OHRP Solicits Comments on Draft Guidance on Risk Disclosure in Research Evaluating Standards of Care

The Office of Human Research Protections (OHRP) has issued draft guidance on “Disclosing Reasonably Foreseeable Risks in Research Evaluating Standards of Care.”  As more and more comparative effectiveness research is conducted to evaluate different treatments commonly used by medical practitioners (“standards of care”), the guidance is an attempt to assist researchers in determining how to disclose potential risks of the different treatments they are studying. As the Office notes:

“Where multiple ‘standard of care’ options are available for a given disease or condition, the use of the term does not imply that the options will produce similar benefits or incur similar risks. Furthermore, patients may not find those options equally acceptable, nor do physicians always use them interchangeably. Importantly there is not necessarily a limit on how different the risks from two versions of a standard of care might be.”

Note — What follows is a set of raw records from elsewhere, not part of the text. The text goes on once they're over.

-- ===== src/Media/Sdp.antt =====
-- media/sdp.go: what a peer's SDP says of its audio stream, and the choice of a codec.
-- The parser of pion/sdp and the resolver of the package net are parameters: the first gives the
-- parts of a session description that the code reads, the second maps a text to an address. An
-- IP address stands for itself as a text.
pub mod Choice
pub mod Reading
use xk6_sip.Common.{
  ℕ, ◌+◌, ◌-◌, ◌*◌, ◌≤◌, ◌<◌, ◌≡◌, Bool, true, false, not, ◌&&◌, ◌||◌, Option, none, some, List, [],
  ◌∷◌, ◌++◌, if◌then◌else◌, ltb, ◌==◌,
}
use xk6_sip.Common.Int.{ℤ, pos, negsuc}
use xk6_sip.Common.Text.{Text, codes, text_eq, is_empty, equal_fold, cut, atoi, decimal}
use xk6_sip.Media.Codec.{
  Codec, Result, codec_by_name, codec_by_pt, telephone_event, sample_rate, frame_duration_ms,
}

pub data Direction : Type 0 where
  send_recv send_only recv_only inactive : Direction

unfoldable pub reverse : Direction → Direction
reverse send_only = recv_only
reverse recv_only = send_only
reverse send_recv = send_recv
reverse inactive = inactive

unfoldable pub sends : Direction → Bool
sends send_recv = true
sends send_only = true
sends recv_only = false
sends inactive = false

unfoldable pub receives : Direction → Bool
receives send_recv = true
receives recv_only = true
receives send_only = false
receives inactive = false

pub record UdpAddr : Type 0 where
  pub ip : Text
  pub port : ℕ

pub record Remote : Type 0 where
  pub addr : Option UdpAddr
  pub codecs : List Codec
  pub dtmf_pt : ℤ  -- -1 if not offered
  pub dir : Direction

-- What the code reads of the description that pion/sdp returns.
pub record Attribute : Type 0 where
  pub key : Text
  pub value : Text

-- A connection line; its address may be missing.
pub record Connection : Type 0 where
  pub address : Option Text

pub record MediaDescription : Type 0 where
  pub media : Text
  pub port : ℕ
  pub formats : List Text
  pub connection : Option Connection
  pub attributes : List Attribute

pub record SessionDescription : Type 0 where
  pub connection : Option Connection
  pub media_descriptions : List MediaDescription

-- What the code takes from outside. `lookup_ip` is empty where the lookup fails.
pub record Resolver : Type 0 where
  pub unmarshal : Text → Option SessionDescription
  pub parse_ip : Text → Option Text
  pub lookup_ip : Text → List Text
  pub is_unspecified : Text → Bool

pub data Parsed {ℓ} (A : Type ℓ) : Type ℓ where
  parsed : A → Parsed A
  bad_syntax no_audio bad_address : Parsed A

unfoldable pub first_audio : List MediaDescription → Option MediaDescription
first_audio [] = none
first_audio (m ∷ ms) = if text_eq m.media (codes "audio") then some m else first_audio ms

-- The names that the rtpmap attributes give to payload types; the newest stands first.
pub lookup_name : Text → List (Text × Text) → Text
lookup_name pt [] = []
lookup_name pt ((k, name) ∷ rest) = if text_eq k pt then name else lookup_name pt rest

rtpmap_entry : Text → Text × Text
rtpmap_entry value =
    let (pt, rest, _) = cut 32 value in let (name, _, _) = cut b'/' rest in (pt, name)

-- The loop over the attributes.
pub read_attributes :
    List (Text × Text) → Direction → List Attribute → List (Text × Text) × Direction
unfolding rtpmap_entry
read_attributes names dir [] = (names, dir)
read_attributes names dir (a ∷ as') =
    read_attributes (if text_eq a.key (codes "rtpmap") then rtpmap_entry a.value ∷ names else names)
      (if text_eq a.key (codes "sendrecv")
        then send_recv
        else if text_eq a.key (codes "sendonly")
        then send_only
        else if text_eq a.key (codes "recvonly")
        then recv_only
        else if text_eq a.key (codes "inactive")
        then inactive
        else dir)
      as'

-- One format that is a payload type, with the name that its rtpmap gives, "" if it has none.
with_pt : ℕ → Result Codec → List Codec
with_pt pt (Result.err e) = []
with_pt pt (Result.ok c) = record c { pt = pt } ∷ []

static_codec : Option Codec → List Codec
static_codec none = []
static_codec (some c) = c ∷ []

add_format : ℕ → Text → ℤ × List Codec → ℤ × List Codec
unfolding with_pt static_codec
add_format pt name (dtmf, cs) =
    if equal_fold name telephone_event
    then (pos pt, cs)
    else if not (is_empty name)
    then (dtmf, cs ++ with_pt pt (codec_by_name name))
    else (dtmf, cs ++ static_codec (codec_by_pt pt))

payload_type : Option ℤ → Option ℕ
payload_type (some (pos n)) = if ltb 127 n then none else some n
payload_type (some (negsuc n)) = none
payload_type none = none

add_if_payload_type : Option ℕ → Text → ℤ × List Codec → ℤ × List Codec
unfolding add_format
add_if_payload_type none name acc = acc
add_if_payload_type (some pt) name acc = add_format pt name acc

-- The loop over the formats of the media line.
pub read_formats : List (Text × Text) → ℤ × List Codec → List Text → ℤ × List Codec
unfolding payload_type add_if_payload_type
read_formats names acc [] = acc
read_formats names acc (f ∷ fs) =
    read_formats names (add_if_payload_type (payload_type (atoi f)) (lookup_name f names) acc) fs

-- The address of a connection line: `none` for an error, `some none` where the stream has none.
resolve : Resolver → ℕ → Text → Option (Option UdpAddr)
resolve r port host = elim (r.parse_ip host) [
  | some ip ↦ some (some (record { ip = ip; port = port }))
  | none ↦ elim (r.lookup_ip host) [
    | [] ↦ none
    | ip ∷ _ ↦ some (some (record { ip = ip; port = port }))
  ]
]

connection_addr : Resolver → ℕ → Option Connection → Option (Option UdpAddr)
unfolding resolve
connection_addr r port none = some none
connection_addr r port (some c) = elim c.address [
  | none ↦ some none
  | some host ↦ if port == 0 then some none else resolve r port host
]

abbrev or_else : Option Connection → Option Connection → Option Connection
or_else (some c) d = some c
or_else none d = d

-- Whether an address can be sent to; a missing or unspecified one means hold.
unfoldable pub is_usable : Resolver → Option UdpAddr → Bool
is_usable r none = false
is_usable r (some a) = not (r.is_unspecified a.ip)

remote_of : Resolver → MediaDescription → Option UdpAddr → Remote
unfolding read_attributes read_formats is_usable
remote_of r md addr =
    let (names, dir) = read_attributes [] send_recv md.attributes in
    let (dtmf, cs) = read_formats names (negsuc 0, []) md.formats in
    record {
      addr = addr;
      codecs = cs;
      dtmf_pt = dtmf;
      dir = if is_usable r addr then dir else inactive;
    }

parse_audio : Resolver → MediaDescription → Option (Option UdpAddr) → Parsed Remote
unfolding remote_of
parse_audio r md none = bad_address
parse_audio r md (some addr) = parsed (remote_of r md addr)

parse_media : Resolver → SessionDescription → Option MediaDescription → Parsed Remote
unfolding parse_audio connection_addr
parse_media r sd none = no_audio
parse_media r sd (some md) =
    parse_audio r md (connection_addr r md.port (or_else md.connection sd.connection))

parse_session : Resolver → Option SessionDescription → Parsed Remote
unfolding parse_media first_audio
parse_session r none = bad_syntax
parse_session r (some sd) = parse_media r sd (first_audio sd.media_descriptions)

unfoldable pub parse_sdp : Resolver → Text → Parsed Remote
unfolding parse_session
parse_sdp r body = parse_session r (r.unmarshal body)

-- The first codec of a list that goes by the name.
unfoldable pub find_name : Text → List Codec → Option Codec
find_name name [] = none
find_name name (c ∷ cs) = if text_eq c.name name then some c else find_name name cs

-- The outer loop over our codecs, for an answer: the inner loop looks for the name among the
-- peer's, and returns the peer's codec.
unfoldable pub answer_choice : List Codec → List Codec → Option Codec
unfolding find_name
answer_choice [] remote = none
answer_choice (o ∷ ours) remote =
    let rest = answer_choice ours remote in
    elim (find_name o.name remote) [ some r ↦ some r | none ↦ rest ]

-- The outer loop over the peer's codecs, for our own offer.
unfoldable pub offer_choice : List Codec → List Codec → Option Codec
unfolding find_name
offer_choice ours [] = none
offer_choice ours (r ∷ remote) =
    let rest = offer_choice ours remote in
    elim (find_name r.name ours) [ some _ ↦ some r | none ↦ rest ]

unfoldable pub choose : List Codec → List Codec → Bool → Option Codec
unfolding answer_choice offer_choice
choose ours remote true = answer_choice ours remote
choose ours remote false = offer_choice ours remote

unfoldable pub line : Text → Text
line s = s ++ (13 ∷ 10 ∷ [])

unfoldable pub space_pt : ℕ → Text
space_pt n = 32 ∷ decimal n

unfoldable pub codec_pts : List Codec → Text
unfolding space_pt
codec_pts [] = []
codec_pts (c ∷ cs) = space_pt c.pt ++ codec_pts cs

unfoldable pub codec_maps : List Codec → Text
unfolding line
codec_maps [] = []
codec_maps (c ∷ cs) =
    line (codes "a=rtpmap:" ++ (decimal c.pt ++ (32 ∷ (c.name ++ (b'/' ∷ decimal sample_rate)))))
    ++ codec_maps cs

unfoldable pub dtmf_pts : ℤ → Text
unfolding space_pt
dtmf_pts (pos n) = space_pt n
dtmf_pts (negsuc n) = []

unfoldable pub dtmf_maps : ℤ → Text
unfolding line
dtmf_maps (negsuc n) = []
dtmf_maps (pos n) =
    line
      (codes "a=rtpmap:" ++ (decimal n ++ (32 ∷ (telephone_event ++ (b'/' ∷ decimal sample_rate)))))
    ++ line (codes "a=fmtp:" ++ (decimal n ++ codes " 0-16"))

unfoldable pub direction_key : Direction → Text
direction_key send_recv = codes "sendrecv"
direction_key send_only = codes "sendonly"
direction_key recv_only = codes "recvonly"
direction_key inactive = codes "inactive"

-- `buildSDP`: our audio description.
unfoldable pub build_sdp : Text → ℕ → List Codec → ℤ → Direction → ℕ → ℕ → Text
unfolding line codec_pts codec_maps dtmf_pts dtmf_maps direction_key
build_sdp ip port cs dtmf dir sess_id version =
    line (codes "v=0")
    ++ (line (
          codes "o=- " ++ (decimal sess_id ++ (32 ∷ (decimal version ++ (codes " IN IP4 " ++ ip)))))
        ++ (line (codes "s=-")
            ++ (line (codes "c=IN IP4 " ++ ip)
                ++ (line (codes "t=0 0")
                    ++ (line (
                          codes "m=audio "
                          ++ (decimal port
                              ++ (codes " RTP/AVP" ++ (codec_pts cs ++ dtmf_pts dtmf))))
                        ++ (codec_maps cs
                            ++ (dtmf_maps dtmf
                                ++ (line (codes "a=ptime:" ++ decimal frame_duration_ms)
                                    ++ line (codes "a=" ++ direction_key dir)))))))))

The guidance aims to address confusion over whether the risks of “standard of care” treatments patients might have undergone regardless of their study participation counted as “risks of research” (and would thus need to be disclosed as part of the informed consent process). It comes in the wake of an OHRP investigation into a clinical trial studying differing levels of oxygenation in premature infants (all within the “standard of care” range), which found that participants had not been adequately informed of the risks of different treatments. The guidance holds:

“In standard of care studies, OHRP generally considers the risks of a specific standard of care being evaluated to be risks of research if (1) a standard of care that at least some of the individual subjects will be assigned to receive will be different from the standard of care that they would have received if they were not participating in the study, and (2) there might be different risks associated with those standards of care.  Therefore, in such studies, the possible differences in risk being evaluated are considered risks of the research.”

OHRP will accept comments on the draft guidance through December 23, 2014. Comments may be submitted directly from the Federal Register Notice, via regulations.gov (using docket ID number HHS-OPHS-2014-0005), or by mail. More detailed instructions are in the Federal Register.